If a line of the records contains the word "write", list it.

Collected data
┌──
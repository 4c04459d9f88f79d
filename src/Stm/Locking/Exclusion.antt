-- ===== src/Stm/Locking/Exclusion.antt =====
-- A fresh processor, and who can hold what where the lock invariant holds.
use cluster_stm.Common.{◌∙◌, ℕ, ◌<◌, ◌≤◌, ◌≡◌, ◌≢◌, refl, sym, none, some, arith, ap}
use cluster_stm.Common.Family.{total-eq-zero}
use cluster_stm.Stm.Types.{LockType, read, write}
use cluster_stm.Stm.Node.{DatasetEntry, Libs, Node, TxDor, meta_at, entry_of, init_tx_dor}
use cluster_stm.Stm.Locking.Word.{Guards, shared, exclusive, reads, max_procs, Guards-compatible}
use cluster_stm.Stm.Locking.Addresses.{IsAligned}
use cluster_stm.Stm.Locking.Invariant.{Inv, mode_of, modes}

-- After `stm_init`: descriptors as `init_tx_dor` leaves them, and metadata that is all zero.
pub record IsFresh {l : Libs} (n : Node l) : Type 0 where
  pub descriptors : (q : ℕ) → n.tx_dors q ≡ init_tx_dor q
  pub words : (a : ℕ) → n.meta a ≡ 0

module _ {l : Libs} {n : Node l} (f : IsFresh n) where
  pub idle : (a q : ℕ) → modes n a q ≡ none
  unfolding init_tx_dor
  idle a q =
      ap (λ (d : TxDor l). mode_of (l.datasets.get d.dataset a)) (f.descriptors q)
      ∙ ap mode_of (l.datasets.get-init a)

  pub IsFresh-Inv : (procs : ℕ) → procs ≤ max_procs → Inv procs n
  unfolding init_tx_dor
  IsFresh-Inv procs few = record {
    few = few;
    guarded = λ a al.
        shared
          (omega (
            arith,
            f.words (meta_at n a),
            total-eq-zero reads procs (modes n a) (λ q k. ap reads (idle a q)),
          ))
          (λ q k own. cc (idle a q));
    keyed = λ q b e h. absurd (cc (ap mode_of h, idle b q));
  }

module _ {l : Libs} {procs : ℕ} {n : Node l} (inv : Inv procs n) where
  -- Two processors that have a block open both have it open for reading.
  pub Inv-exclusive :
      (a p q : ℕ) {e e' : DatasetEntry}
      → p < procs
      → q < procs
      → p ≢ q
      → entry_of n p a ≡ some e
      → entry_of n q a ≡ some e'
      → (e.type ≡ read) × (e'.type ≡ read)
  Inv-exclusive a p q {e} {e'} k k' ne mine yours =
      let g = inv.guarded a (inv.keyed p a e mine) in
      let only = λ (w : e.type ≡ write). Guards-compatible g p q k k' ne (rw (mine, w)) in
      let other =
        λ (w : e'.type ≡ write). Guards-compatible g q p k' k (λ s. ne (sym s)) (rw (yours, w)) in
      (
        reading e.type (λ w. cc (only w, ap mode_of yours)),
        reading e'.type (λ w. cc (other w, ap mode_of mine)),
      )
    where
      reading : (t : LockType) → t ≢ write → t ≡ read
      reading read h = refl
      reading write h = absurd (h refl)

  -- The word of a block that nobody has open is zero.
  pub Inv-released :
      (a : ℕ)
      → IsAligned n.share_power a
      → ((q : ℕ) → q < procs → entry_of n q a ≡ none)
      → n.meta (meta_at n a) ≡ 0
  Inv-released a al gone = go (inv.guarded a al)
    where
      go : Guards procs (n.meta (meta_at n a)) (modes n a) → n.meta (meta_at n a) ≡ 0
      go (shared e _) = omega (
        arith,
        total-eq-zero reads procs (modes n a) (λ q k. ap (λ o. reads (mode_of o)) (gone q k)),
      )
      go (exclusive w k e own _) = absurd (cc (ap mode_of (gone w k)))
└──
* Solution for this task:
use cluster_stm.Stm.Types.{LockType, read, write}
      let only = λ (w : e.type ≡ write). Guards-compatible g p q k k' ne (rw (mine, w)) in
        λ (w : e'.type ≡ write). Guards-compatible g q p k' k (λ s. ne (sym s)) (rw (yours, w)) in
      reading : (t : LockType) → t ≢ write → t ≡ read
      reading write h = absurd (h refl)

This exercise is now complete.